Texas Chuck wrote:Doctor MJ wrote:NBA players tend to think that whatever was in the cultural waters when they came of age IS basketball, and to have no understanding for how thinking has shifted back & forth over the longer history of the game.
I'm going to be a dissenting view on this. Sure for some of them this is true. But there are plenty of exceptions. The Lakers new head coach a great example. James Harden another. Al Horford and Brook Lopez big man examples. Your guy Steve Nash has been very vocal about this even as he failed as a coach for reasons besides understanding the direction the game was going.
In fact I would say a much higher percentage of players adjust than do basketball fans who tend to be much more stuck in the generation where they first found basketball. It's the main reason Jordan and Kobe topics get so off tracks all the type. These fans just can't possibly imagine a possibility where their hero wasn't playing optimally at all times. Players certainly respect these former greats and hold them in high reverence, but also don't try and play like them knowing better.
Good to have dissenting views.
I will say right from the jump, we've got a point of debate because I believe you're saying that Redick understands the deeper past, and I don't think he does. In fact, he's basically made a point to act like an elementary school kid bullying players from the deeper past to give himself more credibility with modern fans and players.
This YouTube video from the Wilt Chamberlain archives responds to Redick and I think really makes clear that Redick either never did his due diligence (likely) or is just choosing to tee off on the older players.
Note that it is about Dolph Schayes who I personally have always been skeptical about, so this isn't a situation where my prior takes come off looking great either, but when you can see people do serious video analysis on these older players, I think you tend to get more well-rounded opinions.

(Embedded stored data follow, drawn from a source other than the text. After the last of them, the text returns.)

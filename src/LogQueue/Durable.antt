-- ===== src/LogQueue/Durable.antt =====
-- The files of a queue hold what a restart needs: the entries that were not acked come back.
use remote_monitoring_tool.Prelude.{
  ℕ, suc, ◌^◌, ◌≤◌, ◌<◌, ◌≡◌, refl, sym, ap, ◌∙◌, true, false, some, List, [], ◌∷◌, ◌++◌,
  append-nil, append_assoc, arith, bytes_eq, All, All-append, leb, ◌==◌, if◌then◌else◌, Bool-cases,
  inl, inr, ltb-false, lt→ltb, leb→le, leb-false→lt,
}
use remote_monitoring_tool.Text.{decimal}
use remote_monitoring_tool.Text.Decimal.{extract_uint64-decimal}
use remote_monitoring_tool.LogEntry.{LogEntry, Junk, serialize_str}
use remote_monitoring_tool.LogEntry.Printed.{IsPrintable, serialize_str-append}
use remote_monitoring_tool.Disk.{Disk, bytes_or_none, store_same, store_other}
use remote_monitoring_tool.LogQueue.{
  LogQueue, load_file, next_id, read_ack, read_log, create, add_log, pop_acked, ack_log,
}
use remote_monitoring_tool.LogQueue.Runs.{Run, Run-above}
use remote_monitoring_tool.LogQueue.Load.{print_all, print_all-append, unacked, load_file-print_all}

unacked-append :
    (a : ℕ) (es fs : List LogEntry) → unacked a (es ++ fs) ≡ unacked a es ++ unacked a fs
unfolding unacked
unacked-append a [] fs = refl
unacked-append a (e ∷ es) fs = ground (arith, unacked-append a es fs)

unacked_old : (a : ℕ) (es : List LogEntry) → All (λ e. e.id ≤ a) es → unacked a es ≡ []
unfolding unacked
unacked_old a [] h = refl
unacked_old a (e ∷ es) (he, h) = rw (ltb-false a e.id he, unacked_old a es h)

pub unacked_fresh : (a : ℕ) (es : List LogEntry) → All (λ e. a < e.id) es → unacked a es ≡ es
unfolding unacked
unacked_fresh a [] h = refl
unacked_fresh a (e ∷ es) (he, h) = rw (lt→ltb a e.id he, unacked_fresh a es h)

-- The log file holds entries that were acked and then those of the queue, and the ack file the
-- last ack.
pub record IsDurable (acked : List LogEntry) (q : LogQueue) (d : Disk) : Type 0 where
  pub log_text : d.content q.log_file ≡ some (print_all (acked ++ q.log_entries))
  pub ack_text : d.content q.ack_file ≡ some (decimal q.ack_id)
  pub ack_fits : q.ack_id < 2 ^ 64
  pub printable : All IsPrintable (acked ++ q.log_entries)
  pub old : All (λ e. e.id ≤ q.ack_id) acked
  pub fresh : All (λ e. q.ack_id < e.id) q.log_entries

-- The two files differ, and both can be written.
pub record HasFiles (q : LogQueue) (d : Disk) : Type 0 where
  pub log_apart : bytes_eq q.log_file q.ack_file ≡ false
  pub ack_apart : bytes_eq q.ack_file q.log_file ≡ false
  pub log_writable : d.writable q.log_file ≡ true
  pub ack_writable : d.writable q.ack_file ≡ true

-- Let the log file hold printable entries that were acked and then those of the queue, the ack
-- file the last ack, and let the ids of the queue be above it. Then the constructor gives the
-- queue's entries and last ack back, takes the next id from the last entry, and changes no
-- file.
pub create-IsDurable :
    (acked : List LogEntry) (q : LogQueue) (d : Disk) (junk : Junk)
    → IsDurable acked q d
    → create d junk q.log_file q.ack_file ≡ (record q { new_id = next_id q.log_entries }, d)
unfolding create
create-IsDurable acked q d junk h = rw (ack_back, log_back)
  where
    ack_back : read_ack (d.content q.ack_file) d q.ack_file junk.number ≡ (q.ack_id, d)
    ack_back =
        unfold read_ack in
        (ap (λ o. read_ack o d q.ack_file junk.number) h.ack_text
          ∙ ap (λ (n : ℕ). (n, d)) (extract_uint64-decimal q.ack_id junk.number h.ack_fits))

    entries_back : load_file junk q.ack_id (print_all (acked ++ q.log_entries)) ≡ q.log_entries
    entries_back =
        load_file-print_all junk q.ack_id (acked ++ q.log_entries) h.printable
        ∙ unacked-append q.ack_id acked q.log_entries
        ∙ rw (unacked_old q.ack_id acked h.old, unacked_fresh q.ack_id q.log_entries h.fresh)

    log_back : read_log (d.content q.log_file) d q.log_file junk q.ack_id ≡ (q.log_entries, d)
    log_back =
        unfold read_log in
        (ap (λ o. read_log o d q.log_file junk q.ack_id) h.log_text
          ∙ ap (λ es. (es, d)) entries_back)

print_all_last :
    (es : List LogEntry) (e : LogEntry) → serialize_str (print_all es) e ≡ print_all (es ++ e ∷ [])
unfolding print_all
print_all_last es e =
    serialize_str-append (print_all es) e
    ∙ ap (λ s. print_all es ++ s) (sym (append-nil (serialize_str [] e)))
    ∙ sym (print_all-append es (e ∷ []))

-- Let the files, which differ and can be written, hold what a restart needs (IsDurable). Then
-- they do after a printable entry with an id above the last ack is added, too.
pub add_log-IsDurable :
    (acked : List LogEntry) (q : LogQueue) (d : Disk) (e : LogEntry)
    → HasFiles q d
    → IsDurable acked q d
    → IsPrintable e
    → q.ack_id < e.id
    → IsDurable acked (add_log q d e).0 (add_log q d e).1
unfolding add_log
add_log-IsDurable acked q d e f h p lt = record {
  log_text = rw f.log_writable (
      store_same d q.log_file _
      ∙ ap (λ o. some (serialize_str (bytes_or_none o) e)) h.log_text
      ∙ ap some (print_all_last (acked ++ q.log_entries) e)
      ∙ ap (λ es. some (print_all es)) (append_assoc acked q.log_entries (e ∷ [])));
  ack_text = rw f.log_writable (store_other d q.log_file _ q.ack_file f.ack_apart ∙ h.ack_text);
  ack_fits = h.ack_fits;
  printable =
      rw (← append_assoc acked q.log_entries (e ∷ []))
        (All-append _ (acked ++ q.log_entries) (e ∷ []) h.printable (p, tt));
  old = h.old;
  fresh = All-append _ q.log_entries (e ∷ []) h.fresh (lt, tt);
}

-- The entries that an ack takes off the front.
unfoldable pub acked_front : ℕ → List LogEntry → List LogEntry
acked_front id [] = []
acked_front id (e ∷ es) = let rest = acked_front id es in if leb e.id id then e ∷ rest else []

pub acked_front-append : (id : ℕ) (es : List LogEntry) → acked_front id es ++ pop_acked id es ≡ es
unfolding acked_front pop_acked
acked_front-append id [] = refl
acked_front-append id (e ∷ es) = ground (arith, acked_front-append id es)

acked_front-old : (id : ℕ) (es : List LogEntry) → All (λ e. e.id ≤ id) (acked_front id es)
unfolding acked_front
acked_front-old id [] = tt
acked_front-old id (e ∷ es) = elim (Bool-cases (leb e.id id)) [
  | inl h ↦ rw h (leb→le e.id id h, acked_front-old id es)
  | inr h ↦ rw h tt
]

-- In a queue whose ids rise by one, an ack leaves exactly the entries above it.
pub pop_acked-above :
    (id from : ℕ) (es : List LogEntry) → Run from es → All (λ e. id < e.id) (pop_acked id es)
unfolding pop_acked
pop_acked-above id from [] h = tt
pop_acked-above id from (e ∷ es) (he, h) = elim (Bool-cases (leb e.id id)) [
  | inl t ↦ rw t (pop_acked-above id (suc from) es h)
  | inr t ↦
      rw t (
        leb-false→lt e.id id t,
        Run-above (suc from) id es (omega (arith, leb-false→lt e.id id t)) h,
      )
]

All-weaken :
    (a b : ℕ) (es : List LogEntry) → a ≤ b → All (λ e. e.id ≤ a) es → All (λ e. e.id ≤ b) es
All-weaken a b [] le h = tt
All-weaken a b (e ∷ es) le (he, h) = (omega arith, All-weaken a b es le h)

regroup :
    (acked : List LogEntry) (id : ℕ) (es : List LogEntry)
    → acked ++ es ≡ (acked ++ acked_front id es) ++ pop_acked id es
regroup acked id es =
    ap (λ fs. acked ++ fs) (sym (acked_front-append id es))
    ∙ sym (append_assoc acked (acked_front id es) (pop_acked id es))

-- An ack that does not go back moves the front entries to those that were acked.
ack_log-IsDurable_new :
    (acked : List LogEntry) (q : LogQueue) (d : Disk) (id from : ℕ)
    → HasFiles q d
    → IsDurable acked q d
    → Run from q.log_entries
    → q.ack_id ≤ id
    → id < 2 ^ 64
    → (id == q.ack_id) ≡ false
    → IsDurable (acked ++ acked_front id q.log_entries) (ack_log q d id).0 (ack_log q d id).1
unfolding ack_log
ack_log-IsDurable_new acked q d id from f h run le fits ne =
    rw (ne, f.ack_writable)
      (record {
        log_text =
            store_other d q.ack_file _ q.log_file f.log_apart
            ∙ h.log_text
            ∙ ap (λ es. some (print_all es)) (regroup acked id q.log_entries);
        ack_text = store_same d q.ack_file (decimal id);
        ack_fits = fits;
        printable = rw (← regroup acked id q.log_entries) h.printable;
        old =
            All-append _ acked _ (All-weaken q.ack_id id acked le h.old)
              (acked_front-old id q.log_entries);
        fresh = pop_acked-above id from q.log_entries run;
      })

-- Let the files, which differ and can be written, hold what a restart needs (IsDurable), and
-- let the ids of the queue rise by one. Then they do after an ack of at least the last one,
-- too, with some list of entries acked by then.
pub ack_log-IsDurable :
    (acked : List LogEntry) (q : LogQueue) (d : Disk) (id from : ℕ)
    → HasFiles q d
    → IsDurable acked q d
    → Run from q.log_entries
    → q.ack_id ≤ id
    → id < 2 ^ 64
    → (acked' : List LogEntry) × IsDurable acked' (ack_log q d id).0 (ack_log q d id).1
ack_log-IsDurable acked q d id from f h run le fits = elim (Bool-cases (id == q.ack_id)) [
  | inl e ↦ (acked, unfold ack_log in rw e h)
  | inr e ↦ (
    acked ++ acked_front id q.log_entries,
    ack_log-IsDurable_new acked q d id from f h run le fits e,
  )
]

Redick and myself have both knocked Schayes for the lack of scalability to the modern game in his set shot, which is what so many writings in the past focused on when talking about how he succeeded. But with the aid of the (still small) video we now have, we can see that the Schayes' set shot didn't actually represent the fundamental limitation for Schayes' that it did (or at least we think) for others.
I'll leave some of the other commentary to the video itself but in a nutshell, Redick literally thinks he's a way better player than Schayes because of FG% and the superiority of shot technique, but I think it's pretty clear that if Redick went and played back then, he wouldn't be able to do what Schayes did.
As I say all of that: I think Redick is very, very smart when it comes to understanding the state of the art of NBA basketball - way ahead of most other NBA players, way ahead of most other NBA commentators, ahead of most NBA coaches, and way, way, way ahead of me. I'm not sure whether that's going to make a difference for the LeBron era Lakers - are they even underperforming given the talent on their roster at this time? I'm not sure - but I'm excited to see what they try.
Now, as you mention other guys it seems like you're more focused on players jumping on trends than understanding deeper basketball history, and I understand why you saw that as the thrust of my post. Certainly guys like Horford & Lopez are clear cut examples of guys who pivoted mid-way through their career toward new trends, and in doing so extended their in-demand career by more than half a decade.
Re: players more likely to adjust than fans. That's true, but of course, I'm not talking about comparing the average of one group to the average of another. I'm talking about the interaction between players stuck in their ways and analysts with historical awareness, where the players act as if those who can't play as well as themselves must be wrong because players know better.
I'm talking about the need for epistemological humility and a curiosity about what others understand that you don't. I don't dismiss the perspectives of these players - they know things I don't. And I would suggest that all of us seek to have that combination of curiosity and humility if we want to learn the game better than we already do.
Back to your average fan: Thing is here, most fans want to already-know the game. Meaning, they want to be the guy in conversation with their friends who can have a respected opinion. But this is not the same thing as wanting to be a student of the game. Most of these folks would readily embrace being a student if they had access to a teacher they respect - a Jordanite will probably listen with an open mind to anything Jordan says, for example - but if you're not someone with that pre-established respect, then differences in viewpoint become a competition where the goal isn't to find mutual enlightenment by helping each other see we couldn't see just on our own, but to find a way to get through the conversation with ego intact.
And of course: We non-average fans convince ourselves of our own immunity at our own peril. We should expect that the only way we can keep from falling into the same trap is to assume we ARE falling into that trap too, and work to escape it.